The Misspelled Assassins

Filed under: Uncategorized — myglesias @ 2:56 am

By Matthew Yglesias

On page 87, we’re introduced to one Marathe, an operative with the Assassins des Fauteuils Rollents, a Québécois separatist group whose name we’re told (in a footnote, naturally) means “Wheelchair Assassins.” But as best I know, “rollent” is not a French word at all—”wheelchair” is, rather, “fauteuil roulant.” My first guess was that perhaps this is Quebec dialect or something, but Google indicates that’s not the case—the only hits for Wallace’s spelling are direct references to Infinite Jest.

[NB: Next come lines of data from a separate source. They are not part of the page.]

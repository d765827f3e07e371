-- ===== src/Http/Sent.antt =====
-- The entries of the data that `buildDistributedRequestData` of lmd/request.go makes, and what
-- `parseRequestDataToRequest` of lmd/http.go does with them.
use lmd.Prelude.{
  is_nil, Bool, true, false, List, [], ◌∷◌, ◌++◌, Bytes, codes, ok, ◌>>=◌, append-nil,
  if◌then◌else◌, not, ◌||◌, ◌≡◌, ◌≢◌, refl, ap, ◌∙◌, equal,
}
use lmd.Prelude.Int.{ℤ, pos, eqb_ℤ, ◌+ℤ◌}
use lmd.Prelude.Dict.{lookup}
use lmd.Runtime.{Go}
use lmd.Runtime.Dynamic.{Value, Values, str, list, int, bool, to_list, of_list}
use lmd.Objects.{ObjectsType}
use lmd.Request.{Request, no_request, SortField}
use lmd.Request.Header.{parse_output_format}
use lmd.Http.{
  RequestData, strings, text_values, of_strings, sort_texts, optional,
  parse_http_filter_request_data, parse_sorts, parse_request_data_to_request,
  build_distributed_request_data, print_all,
}
use lmd.Http.Json.{through_json, json_value, json_values, unchanged}
use lmd.Http.Sorts.{unplaced}

module _ (go : Go) where
  -- the entries of the request that may be missing
  abbrev Optional : Type 0
  Optional = (Bool × Value go.Float) × (Bool × ℤ) × (Bool × Value go.Float)

  abbrev pub sent :
      Bytes
      → Value go.Float
      → Value go.Float
      → Bool × Bytes
      → Bool × ℤ
      → Bool × Value go.Float
      → RequestData go
  sent table backends columns (with_filter, text) (with_limit, n) (with_sort, lines) =
      (codes "table", str table)
      ∷ (codes "backends", backends)
      ∷ (codes "sendcolumnsheader", bool false)
      ∷ (codes "columns", columns)
      ∷ (optional go with_filter (codes "filter") (str text)
          ++ (optional go with_limit (codes "limit") (int n)
              ++ (optional go with_sort (codes "sort") lines
                  ++ (codes "outputformat", str (codes "wrapped_json")) ∷ [])))

  abbrev pub started : Bytes → Bool × ℤ → Request go
  started table (with_limit, n) = record (no_request go) {
    table = table;
    send_columns_header = false;
    limit = if with_limit then go.to_int (go.of_int n) else pos 0;
  }

  pub read_sent :
      (o : ObjectsType) (table text : Bytes) (backends columns lines : Values go.Float) (n : ℤ)
      (with_filter with_limit with_sort : Bool)
      → parse_request_data_to_request go o (
          through_json go unchanged (
            sent table
              (list backends)
              (list columns)
              (with_filter, text)
              (with_limit, n)
              (with_sort, list lines)))
        ≡ (do
          let start = started table (with_limit, n)
          filtered ←
              (if with_filter
                then parse_http_filter_request_data go o start (str text) (codes "Filter")
                else ok start)
          sort ←
              (if with_sort
                then parse_sorts go o (to_list (json_values go unchanged lines)) filtered.sort
                else ok filtered.sort)
          cs ← strings go (to_list (json_values go unchanged columns))
          bs ← strings go (to_list (json_values go unchanged backends))
          ok (record filtered {
            sort = sort;
            columns = cs;
            output_format = codes "wrapped_json";
            backends = bs;
          }))
  unfolding parse_request_data_to_request lookup equal parse_output_format through_json json_value
  read_sent o table text backends columns lines n true true true = refl
  read_sent o table text backends columns lines n true true false = refl
  read_sent o table text backends columns lines n true false true = refl
  read_sent o table text backends columns lines n true false false = refl
  read_sent o table text backends columns lines n false true true = refl
  read_sent o table text backends columns lines n false true false = refl
  read_sent o table text backends columns lines n false false true = refl
  read_sent o table text backends columns lines n false false false = refl

  is_nil-false : {A : Type 0} (xs : List A) → xs ≢ [] → is_nil xs ≡ false
  is_nil-false [] h = absurd (h refl)
  is_nil-false (x ∷ xs) h = refl

  of_strings-list :
      (ss : List Bytes) → ss ≢ [] → of_strings go ss ≡ list (of_list (text_values go ss))
  of_strings-list [] h = absurd (h refl)
  of_strings-list (s ∷ ss) h = refl

  -- The other node sees a request of its own: no header line, and the rows up to the end of the window.
  abbrev pub delegated : List Bytes → Request go → Request go
  delegated sub_backends req = record (no_request go) {
    table = req.table;
    columns = req.columns;
    filter = req.filter;
    limit = if eqb_ℤ req.limit (pos 0) then pos 0 else req.limit +ℤ req.offset;
    sort = unplaced req.sort;
    output_format = codes "wrapped_json";
    backends = sub_backends;
    send_columns_header = false;
  }

  abbrev pub sent_for : List Bytes → Request go → Bytes → RequestData go
  sent_for sub_backends req text =
      sent req.table (of_strings go sub_backends) (of_strings go req.columns)
        (not (is_nil req.filter), text) (not (eqb_ℤ req.limit (pos 0)), req.limit +ℤ req.offset)
        (not (is_nil req.sort), of_strings go (sort_texts go req.sort))

  or-false : (b : Bool) → (b || false) ≡ b
  or-false true = refl
  or-false false = refl

  pub build-sent :
      (req : Request go) (sub_backends : List Bytes) (text : Bytes)
      → req.table ≢ []
      → req.columns ≢ []
      → req.filter_str ≡ []
      → req.stats ≡ []
      → print_all go [] req.filter ≡ ok text
      → build_distributed_request_data go sub_backends req ≡ ok (sent_for sub_backends req text)
  unfolding build_distributed_request_data print_all
  build-sent req sub_backends text table columns filter_str stats printed =
      rw
        (
          is_nil-false req.table table,
          is_nil-false req.columns columns,
          filter_str,
          stats,
          printed,
          append-nil text,
        )
        (ap
          (λ b. ok (
            sent req.table (of_strings go sub_backends) (of_strings go req.columns) (b, text)
              (not (eqb_ℤ req.limit (pos 0)), req.limit +ℤ req.offset)
              (not (is_nil req.sort), of_strings go (sort_texts go req.sort))))
          (or-false (not (is_nil req.filter))))

  sort_lists :
      (table : Bytes) (backends columns : Value go.Float) (f : Bool × Bytes) (l : Bool × ℤ)
      (ss : List SortField)
      → sent table backends columns f l (not (is_nil ss), of_strings go (sort_texts go ss))
        ≡ sent table backends columns f l
            (not (is_nil ss), list (of_list (text_values go (sort_texts go ss))))
  sort_lists table backends columns f l [] = refl
  sort_lists table backends columns f l (s ∷ ss) = refl

  pub sent_for-lists :
      (req : Request go) (sub_backends : List Bytes) (text : Bytes)
      → req.columns ≢ []
      → sub_backends ≢ []
      → sent_for sub_backends req text
        ≡ sent req.table
            (list (of_list (text_values go sub_backends)))
            (list (of_list (text_values go req.columns)))
            (not (is_nil req.filter), text)
            (not (eqb_ℤ req.limit (pos 0)), req.limit +ℤ req.offset)
            (not (is_nil req.sort), list (of_list (text_values go (sort_texts go req.sort))))
  sent_for-lists req sub_backends text columns subs =
      let f : Bool × Bytes = (not (is_nil req.filter), text) in
      let l : Bool × ℤ = (not (eqb_ℤ req.limit (pos 0)), req.limit +ℤ req.offset) in
      ap
        (λ v.
          sent req.table v (of_strings go req.columns) f l
            (not (is_nil req.sort), of_strings go (sort_texts go req.sort)))
        (of_strings-list sub_backends subs)
      ∙ ap
          (λ v.
            sent req.table (list (of_list (text_values go sub_backends))) v f l
              (not (is_nil req.sort), of_strings go (sort_texts go req.sort)))
          (of_strings-list req.columns columns)
      ∙ sort_lists req.table _ _ f l req.sort
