-- ===== src/Tagit.antt =====
-- src/rfid_proto_tagit.c: the recognition of Tag-it cards; reading and writing are not implemented there.
use librfid.Prelude.{ℕ, ℤ, pos, neg_einval, List, [], Bool, false, not, ◌||◌, ◌==◌, if◌then◌else◌}
use librfid.Control.{M, ok, ◌>>=◌, pure, read}
use librfid.Reader.{Reader}
use librfid.Layer2.Handle.{layer2_id}
use librfid.Layer2.Dispatch as Layer2
use librfid.Layer2.Options.{nothing, uint, GetOpt, got}
use librfid.Tcl.Handle.{ProtocolHandle, on_l2}
use librfid.MifareClassic.Pages.{PageRead, no_page, stored_bytes, opt_size}

module _ {W : Type 0} (rdr : Reader W) where
  -- `tagit_read`
  unfoldable pub read_page : ℕ → ℕ → M (ProtocolHandle W) PageRead
  read_page page rx_len = pure (no_page neg_einval rx_len)

  -- `tagit_write`
  unfoldable pub write_page : ℕ → List ℕ → ℕ → M (ProtocolHandle W) ℤ
  write_page page tx tx_len = pure neg_einval

  -- `tagit_getopt`
  unfoldable pub getopt : ℕ → ℕ → M (ProtocolHandle W) GetOpt
  getopt optname optlen = pure (
      if optname == opt_size
      then got (pos 0) (uint 12345) optlen
      else got neg_einval nothing optlen)

  -- `tagit_init`
  unfoldable pub init : Bool → M (ProtocolHandle W) Bool
  init allocated h =
      if not (layer2_id h.l2h.l2 == 3)
      then ok false h
      else (do
        u ← on_l2 (Layer2.getopt rdr Layer2.opt_uid 6)
        uid_5 ← read (stored_bytes u.stored []) 5
        uid_4 ← read (stored_bytes u.stored []) 4
        if not (uid_5 == 0xe0) || not (uid_4 == 0x07)
            then pure false
            else (λ h'. ok (if not (h'.l2h.uid_len == 6) then false else allocated) h'))
          h
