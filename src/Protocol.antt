-- ===== src/Protocol.antt =====
-- src/rfid_protocol.c: the functions that call the implementation of a handle's protocol.
use librfid.Prelude.{
  ℕ, ℤ, pos, neg_einval, Option, none, some, List, [], ◌∷◌, Bool, true, false, ◌==◌, ◌>>>◌,
  if◌then◌else◌, get_elem?,
}
use librfid.Control.{M, ok, returned, fault, out_of_fuel, pure}
use librfid.Reader.{Reader}
use librfid.Layer2.Options.{nothing, GetOpt, got}
use librfid.Tcl.Handle.{ProtocolHandle, ProtocolKind, tcl, mifare_ul, mifare_classic, tagit}
use librfid.Tcl.Connect
use librfid.Tcl.Exchange
use librfid.Tcl.Exchange.{Answer}
use librfid.MifareClassic.Pages
use librfid.MifareClassic.Pages.{PageRead, no_page}
use librfid.MifareUltralight
use librfid.Tagit

-- `rfid_protocols`; a row without an initialiser is a null pointer
abbrev pub protocols : List (Option ProtocolKind)
protocols = none ∷ some tcl ∷ some mifare_ul ∷ some mifare_classic ∷ none ∷ some tagit ∷ []

-- What the loop of a T=CL exchange needs besides the arguments: its fuel, and what the bytes on the
-- stack hold.
pub record Stack : Type 0 where
  pub fuel : ℕ
  pub junk : List ℕ
  pub frame : List ℕ

module _ {W : Type 0} (rdr : Reader W) where
  abbrev pub init_of : ProtocolKind → Bool → M (ProtocolHandle W) Bool
  init_of tcl = Connect.init rdr
  init_of mifare_ul = MifareUltralight.init rdr
  init_of mifare_classic = Pages.init rdr
  init_of tagit = Tagit.init rdr

  -- `ph->proto = p;` if there is a handle
  abbrev set_proto : ProtocolKind → Bool → M (ProtocolHandle W) Bool
  set_proto kind true h = ok true (record h { proto = kind })
  set_proto kind false h = ok false h

  -- `rfid_protocol_init`
  unfoldable pub init : ℕ → Bool → M (ProtocolHandle W) Bool
  init id allocated h = elim (get_elem? protocols id) [
    | none ↦ ok false h
    | some none ↦ fault
    | some (some kind) ↦ elim (init_of kind allocated h) [
      | ok made h' ↦ set_proto kind made h'
      | returned r h' ↦ returned r h'
      | fault ↦ fault
      | out_of_fuel ↦ out_of_fuel
    ]
  ]

  abbrev pub open_of : ProtocolKind → M (ProtocolHandle W) ℤ
  open_of tcl = Connect.connect rdr
  open_of mifare_ul = pure (pos 0)
  open_of mifare_classic = pure (pos 0)
  open_of tagit = pure (pos 0)

  -- `rfid_protocol_open`
  unfoldable pub open_protocol : M (ProtocolHandle W) ℤ
  open_protocol h = open_of h.proto h

  abbrev pub transceive_of : ProtocolKind → Stack → List ℕ → ℕ → M (ProtocolHandle W) Answer
  transceive_of tcl s tx rx_len = Exchange.transceive rdr s.fuel s.junk tx rx_len
  transceive_of mifare_ul s tx rx_len = λ h. fault
  transceive_of mifare_classic s tx rx_len = λ h. fault
  transceive_of tagit s tx rx_len = λ h. fault

  -- `rfid_protocol_transceive`, which does not ask whether the protocol has such a function
  unfoldable pub transceive : Stack → List ℕ → ℕ → M (ProtocolHandle W) Answer
  transceive s tx rx_len h = transceive_of h.proto s tx rx_len h

  abbrev read_of : ProtocolKind → ℕ → ℕ → M (ProtocolHandle W) PageRead
  read_of tcl page rx_len = pure (no_page neg_einval rx_len)
  read_of mifare_ul page rx_len = MifareUltralight.read_page rdr page rx_len
  read_of mifare_classic page rx_len = Pages.read_page rdr page rx_len
  read_of tagit page rx_len = Tagit.read_page rdr page rx_len

  -- `rfid_protocol_read`
  unfoldable pub read_page : ℕ → ℕ → M (ProtocolHandle W) PageRead
  read_page page rx_len h = read_of h.proto page rx_len h

  abbrev write_of : ProtocolKind → ℕ → List ℕ → ℕ → M (ProtocolHandle W) ℤ
  write_of tcl page tx tx_len = pure neg_einval
  write_of mifare_ul page tx tx_len = MifareUltralight.write_page rdr page tx tx_len
  write_of mifare_classic page tx tx_len = Pages.write_page rdr page tx tx_len
  write_of tagit page tx tx_len = Tagit.write_page rdr page tx tx_len

  -- `rfid_protocol_write`
  unfoldable pub write_page : ℕ → List ℕ → ℕ → M (ProtocolHandle W) ℤ
  write_page page tx tx_len h = write_of h.proto page tx tx_len h

  -- `rfid_protocol_fini`: each implementation frees the handle and returns 0
  unfoldable pub fini : M (ProtocolHandle W) ℤ
  fini = pure (pos 0)

  abbrev pub close_of : ProtocolKind → List ℕ → M (ProtocolHandle W) ℤ
  close_of tcl frame = Connect.deselect rdr frame
  close_of mifare_ul frame = pure (pos 0)
  close_of mifare_classic frame = pure (pos 0)
  close_of tagit frame = pure (pos 0)

  -- `rfid_protocol_close`
  unfoldable pub close : Stack → M (ProtocolHandle W) ℤ
  close s h = close_of h.proto s.frame h

  abbrev pub getopt_of : ProtocolKind → ℕ → ℕ → M (ProtocolHandle W) GetOpt
  getopt_of tcl optname optlen = λ h. ok (Connect.getopt h.th optname optlen) h
  getopt_of mifare_ul optname optlen = MifareUltralight.getopt rdr optname optlen
  getopt_of mifare_classic optname optlen = Pages.getopt rdr optname optlen
  getopt_of tagit optname optlen = Tagit.getopt rdr optname optlen

  -- `rfid_protocol_getopt`
  unfoldable pub getopt : ℕ → ℕ → M (ProtocolHandle W) GetOpt
  getopt optname optlen h =
      if optname >>> 16 == 0
      then ok (got neg_einval nothing optlen) h
      else getopt_of h.proto optname optlen h

  -- `rfid_protocol_setopt`: T=CL's `tcl_setopt` knows no option, and the others have none.
  unfoldable pub setopt : ℕ → M (ProtocolHandle W) ℤ
  setopt optname = pure neg_einval
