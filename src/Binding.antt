-- ===== src/Binding.antt =====
-- python/openpcd.c: cards of Mifare Classic behind the calls of a shared library, which keep the handles
-- of the second layer and of the protocol in one state. win32/openpcd.c is nearly the same code.
pub mod Shape
pub mod Select
pub mod Calls
pub mod Pointers
pub mod Reselect
use librfid.Prelude.{
  ℕ, zero, suc, ◌+◌, ℤ, pos, negsuc, is_neg, ◌-◌, Option, none, some, List, [], ◌++◌, length, take,
  drop, replicate, overlay, store_front, Bool, true, false, not, ◌||◌, ◌&&◌, ◌==◌, ltb, u8,
  if◌then◌else◌,
}
use librfid.Control.{M, Run, ok, returned, fault, out_of_fuel, pure, put_back, modify, ◌>>=◌, ◌>>◌}
use librfid.Reader.{Reader}
use librfid.Layer2.Handle.{Layer2Handle}
use librfid.Layer2.Options.{GetOpt, Stored, nothing, uint8, uint, bytes}
use librfid.Layer2.Dispatch as Layer2
use librfid.Layer2.Dispatch.{Bounds, opt_uid}
use librfid.Tcl.Handle.{ProtocolHandle, on_l2}
use librfid.MifareClassic.Pages.{PageRead, set_key, auth}
use librfid.Protocol
use librfid.Protocol.{Stack}

-- The error `PCDERROR_...` with the number -n, of those from 1 on
abbrev pub pcd_error : ℕ → ℤ
pcd_error n = negsuc (n - 1)

abbrev pub invalid_parameter : ℤ
invalid_parameter = pcd_error 1

abbrev pub closed : ℤ
closed = pcd_error 12

-- The pointer `l2h`: to nothing, to a handle of its own, or to the handle that `ph` stands on
pub data Layer2Pointer (W : Type 0) : Type 0 where
  null : Layer2Pointer W
  alone : Layer2Handle W → Layer2Pointer W
  shared : Layer2Pointer W

-- `struct openpcd_state`, with the world behind the reader; `ph` is none where the pointer is null.
pub record PcdState (W : Type 0) : Type 0 where
  pub cl_auth : ℕ
  pub l2h : Layer2Pointer W
  pub ph : Option (ProtocolHandle W)
  pub key : List ℕ
  pub world : W

-- What a call returns that hands out bytes
pub record PcdRead : Type 0 where
  pub ret : ℤ
  pub content : List ℕ

abbrev pub no_bytes : ℤ → PcdRead
no_bytes ret = record { ret = ret; content = [] }

abbrev stored_in : Stored → List ℕ
stored_in (bytes v) = v
stored_in _ = []

abbrev is_zero : ℤ → Bool
is_zero (pos n) = n == 0
is_zero (negsuc n) = false

abbrev is_some : {A : Type 0} → Option A → Bool
is_some none = false
is_some (some a) = true

-- The guards of `openpcd_read` and `openpcd_write`: a page from 0 to 255, and 1 to 16 bytes
abbrev page_of : ℤ → ℤ → Option (ℕ × ℕ)
page_of (pos page) (pos len) =
    if ltb 255 page || len == 0 || ltb 16 len then none else some (page, len)
page_of page len = none

-- `res < 0 && res != -101`
abbrev is_refused : ℤ → Bool
is_refused (pos n) = false
is_refused (negsuc n) = not (n == 100)

module _ {W : Type 0} where
  abbrev with_world_of : W → ProtocolHandle W → ProtocolHandle W
  with_world_of w p = record p { l2h = record (p.l2h) { world = w } }

  abbrev set_ph : PcdState W → ProtocolHandle W → PcdState W
  set_ph s p = record s { ph = some p; world = p.l2h.world }

  abbrev set_alone : PcdState W → Layer2Handle W → PcdState W
  set_alone s h = record s { l2h = alone h; world = h.world }

  -- A call through `state->ph`
  abbrev ph_of :
      {A : Type 0} → M (ProtocolHandle W) A → Option (ProtocolHandle W) → M (PcdState W) A
  ph_of m none s = fault
  ph_of m (some p) s = put_back set_ph (m (with_world_of s.world p)) s

  unfoldable pub on_ph : {A : Type 0} → M (ProtocolHandle W) A → M (PcdState W) A
  on_ph m s = ph_of m s.ph s

  -- A call through `state->l2h`
  abbrev l2h_of : {A : Type 0} → M (Layer2Handle W) A → Layer2Pointer W → M (PcdState W) A
  l2h_of m null s = fault
  l2h_of m (alone h) s = put_back set_alone (m (record h { world = s.world })) s
  l2h_of m shared s = ph_of (on_l2 m) s.ph s

  unfoldable pub on_l2h : {A : Type 0} → M (Layer2Handle W) A → M (PcdState W) A
  on_l2h m s = l2h_of m s.l2h s

  -- `state->l2h = NULL;`
  abbrev pub drop_l2h : M (PcdState W) (Unit {0})
  drop_l2h s = ok tt (record s { l2h = null })

  abbrev unshare : Layer2Pointer W → Option (ProtocolHandle W) → Layer2Pointer W
  unshare shared (some p) = alone p.l2h
  unshare shared none = shared
  unshare null p = null
  unshare (alone h) p = alone h

  -- `state->ph = NULL;`, where the protocol's handle goes and that of the second layer stays
  unfoldable pub drop_ph : M (PcdState W) (Unit {0})
  drop_ph s = ok tt (record s { l2h = unshare s.l2h s.ph; ph = none })

  -- `state->ph = rfid_protocol_init(state->l2h, ...)`, in the memory `block`
  abbrev take_ph : PcdState W → Layer2Handle W → ProtocolHandle W → Bool → PcdState W
  take_ph s h p true = record s { l2h = shared; ph = some p; world = p.l2h.world }
  take_ph s h p false = record s { l2h = alone p.l2h; ph = none; world = p.l2h.world }

  abbrev init_on : Run (ProtocolHandle W) Bool → PcdState W → Layer2Handle W → Run (PcdState W) Bool
  init_on (ok made p) s h = ok made (take_ph s h p made)
  init_on (returned r p) s h = returned r s
  init_on fault s h = fault
  init_on out_of_fuel s h = out_of_fuel

  abbrev make_ph_of :
      M (ProtocolHandle W) Bool → ProtocolHandle W → Layer2Pointer W → M (PcdState W) Bool
  make_ph_of m block null s = fault
  make_ph_of m block shared s = fault
  make_ph_of m block (alone h) s =
      init_on (m (record block { l2h = record h { world = s.world } })) s h

  unfoldable pub make_ph : M (ProtocolHandle W) Bool → ProtocolHandle W → M (PcdState W) Bool
  make_ph m block s = make_ph_of m block s.l2h s

module _ {W : Type 0} (rdr : Reader W) where
  -- The end of `openpcd_select_card` after a failure
  unfoldable pub give_up : ℤ → M (PcdState W) ℤ
  unfolding on_l2h
  give_up res = do _ ← on_l2h (Layer2.fini rdr); drop_l2h; pure res

  -- `openpcd_select_card`, after `rfid_protocol_open` returned a negative result
  unfoldable pub not_opened : M (PcdState W) ℤ
  unfolding on_ph on_l2h drop_ph give_up
  not_opened = do
    _ ← on_ph (Protocol.fini rdr)
    drop_ph
    _ ← on_l2h (Layer2.close rdr)
    give_up (pcd_error 8)

  abbrev pub after_open : ℤ → M (PcdState W) ℤ
  after_open (pos n) = pure (pos 0)
  after_open (negsuc n) = not_opened

  -- `openpcd_select_card`, with what `rfid_protocol_init` gave
  unfoldable pub after_init : Bool → M (PcdState W) ℤ
  unfolding on_ph on_l2h not_opened give_up
  after_init false = do _ ← on_l2h (Layer2.close rdr); give_up (pcd_error 7)
  after_init true = do rc ← on_ph (Protocol.open_protocol rdr); after_open rc

  -- `openpcd_select_card`, with the result of `rfid_layer2_open`
  unfoldable pub after_layer2 : Bool → ProtocolHandle W → ℤ → M (PcdState W) ℤ
  unfolding make_ph after_init give_up
  after_layer2 allocated block (pos n) = do
    made ← make_ph (Protocol.init rdr 3 allocated) block
    after_init made
  after_layer2 allocated block (negsuc n) = give_up (pcd_error 6)

  -- `openpcd_select_card`: `block` is the memory that `malloc` hands out, and `given` says that the
  -- caller's pointer is not null. Without a handle of the second layer `rfid_layer2_fini` is called
  -- with a null pointer.
  unfoldable pub select_card : Bounds → Bool → Bool → ProtocolHandle W → Bool → M (PcdState W) ℤ
  unfolding on_l2h after_layer2
  select_card n allocated allocated' block given = if not given then pure invalid_parameter else (do
    modify (λ s. record s { l2h = alone block.l2h })
    made ← on_l2h (Layer2.init rdr 1 allocated)
    if not made
        then (λ s. fault)
        else (do rc ← on_l2h (Layer2.open_l2 rdr n); after_layer2 allocated' block rc))

  -- `openpcd_deselect_card`, once the protocol's handle is freed
  unfoldable pub release_l2h : M (PcdState W) ℤ
  unfolding on_l2h
  release_l2h = do
    _ ← on_l2h (Layer2.close rdr)
    _ ← on_l2h (Layer2.fini rdr)
    drop_l2h
    pure (pos 0)

  -- `openpcd_deselect_card`
  unfoldable pub deselect_card : Stack → Bool → M (PcdState W) ℤ
  unfolding on_ph drop_ph release_l2h
  deselect_card stack given s =
      if not given
      then ok invalid_parameter s
      else if not (is_some s.ph)
      then ok closed s
      else (do
        _ ← on_ph (Protocol.close rdr stack)
        _ ← on_ph (Protocol.fini rdr)
        drop_ph
        release_l2h)
          s

  -- `openpcd_cl_auth`, of a page that is not negative
  unfoldable pub cl_auth : ℕ → M (PcdState W) ℤ
  unfolding on_ph
  cl_auth page s =
      if page == 0 || ltb 255 page
      then ok invalid_parameter s
      else if not (is_some s.ph)
      then ok closed s
      else (do
        rc ← on_ph (set_key rdr s.key)
        if is_neg rc then pure (pcd_error 2) else (do
          rc ← on_ph (auth rdr (u8 s.cl_auth) page)
          pure (if is_neg rc then pcd_error 3 else pos 0)))
          s

  -- `openpcd_read` behind its guards; `junk` is what the 16 bytes of `buf` hold.
  unfoldable pub read_at : List ℕ → ℕ → ℕ → M (PcdState W) PcdRead
  unfolding cl_auth on_ph
  read_at junk page len = do
    res ← cl_auth page
    if is_neg res then pure (no_bytes res) else (do
      p ← on_ph (Protocol.read_page rdr page 16)
      pure (
          if is_neg p.ret
          then no_bytes (pcd_error 10)
          else record { ret = pos p.rx_len; content = take len (store_front p.rx_data junk) }))

  abbrev pub read_of : List ℕ → Bool → Option (ℕ × ℕ) → M (PcdState W) PcdRead
  read_of junk given none = pure (no_bytes invalid_parameter)
  read_of junk given (some (page, len)) =
      if not given then pure (no_bytes invalid_parameter) else read_at junk page len

  -- `openpcd_read`
  unfoldable pub read : List ℕ → Bool → ℤ → ℤ → M (PcdState W) PcdRead
  unfolding read_at
  read junk given page len = read_of junk given (page_of page len)

  -- `openpcd_write` behind its guards: the bytes are filled up with zeros to the 16 of a page.
  unfoldable pub write_at : List ℕ → ℕ → ℕ → M (PcdState W) ℤ
  unfolding cl_auth on_ph
  write_at content page len = do
    res ← cl_auth page
    if is_neg res then pure res else (do
      res ← on_ph (Protocol.write_page rdr page (take len content ++ replicate (16 - len) 0) 16)
      pure (if is_refused res then pcd_error 11 else pos len))

  abbrev pub write_of : List ℕ → Bool → Option (ℕ × ℕ) → M (PcdState W) ℤ
  write_of content given none = pure invalid_parameter
  write_of content given (some (page, len)) =
      if not given then pure invalid_parameter else write_at content page len

  -- `openpcd_write`
  unfoldable pub write : List ℕ → Bool → ℤ → ℤ → M (PcdState W) ℤ
  unfolding write_at
  write content given page len = write_of content given (page_of page len)

  -- `openpcd_get_card_id`
  unfoldable pub get_card_id : Bool → M (PcdState W) PcdRead
  unfolding on_l2h
  get_card_id given s =
      if not given
      then ok (no_bytes invalid_parameter) s
      else if not (is_some s.ph)
      then ok (no_bytes closed) s
      else (do
        g ← on_l2h (Layer2.getopt rdr opt_uid 4)
        pure (record {
          ret =
              if is_zero g.ret
              then (if g.optlen == 4 then pos 0 else pcd_error 10)
              else invalid_parameter;
          content = stored_in g.stored;
        }))
          s

  -- `openpcd_set_key`, of six bytes
  unfoldable pub choose_key : Bool → ℕ → List ℕ → M (PcdState W) ℤ
  choose_key given key_id key s =
      if not given
      then ok invalid_parameter s
      else if key_id == 0
      then ok (pos 0) (record s { cl_auth = 0x60; key = take 6 key })
      else if key_id == 1
      then ok (pos 0) (record s { cl_auth = 0x61; key = take 6 key })
      else ok invalid_parameter s

  -- The state that `openpcd_open_reader` makes
  unfoldable pub opened : W → PcdState W
  opened w = record { cl_auth = 0x60; l2h = null; ph = none; key = replicate 6 0xff; world = w }

-- The row of the table of messages for an error, `none` for an unknown one: `openpcd_get_error_text`
unfoldable pub error_row : ℤ → Option ℕ
error_row (pos n) = some 0
error_row (negsuc n) = if ltb 14 n then none else some (n + 1)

I suppose I’ll chalk this up as just another minor effort to disorient the reader, which is clearly one of the overarching goals of the early sections, but would be interested to know if anyone else has a grander theory.

52 Comments »

  1. Neologent?

    Comment by eriks — July 1, 2009 @ 3:06 am | Reply

  2. The book is full of bad French that can’t be explained as Quebecois. Not sure why that is.

    Comment by Jb — July 1, 2009 @ 3:49 am | Reply

  3. hey matthew,

    i think as you read the book, you’ll gradually notice that one thing DFW plays with a lot is the question of “who is narrating this thing?” You’ve already encountered one of those moments– the switch from first to third person after the Year of Glad section. There’s many others. There’s in fact one roughly fifteen pages away from the end of the book. For me, the french stuff plays into that.

    Comment by isaac — July 1, 2009 @ 12:28 pm | Reply

  4. […] after all). So writing a post is an end-run around that and a way to weigh in via trackback on a post over at A Supposedly Fun Blog that sucked my comment into a spam black […]

    Pingback by Infinite Spam « Infinite Zombies — July 1, 2009 @ 12:36 pm | Reply

  5. Getting pretty darn picky about the spelling there, aren’t we, Matthew Yglesias?

    Comment by southpaw — July 1, 2009 @ 1:41 pm | Reply

  6. I was talking to my mother about ‘rollent’. She is a) Canadian, as I am; b) has lived in France for much of the past 28 years; and c) fluent in French (including a lot of Québécois).

    The word “fauteuils” would actually be something more like an armchair, and “rollent” is not French at all, but (she says) an amusing play on the actual French word ‘roulant’ using the English ‘roll’.

    She found it quite funny.

    Comment by Lonita — July 1, 2009 @ 1:54 pm | Reply

  7. “I suppose I’ll chalk this up as just another minor effort to disorient the reader, which is clearly one of the overarching goals of the early sections […]”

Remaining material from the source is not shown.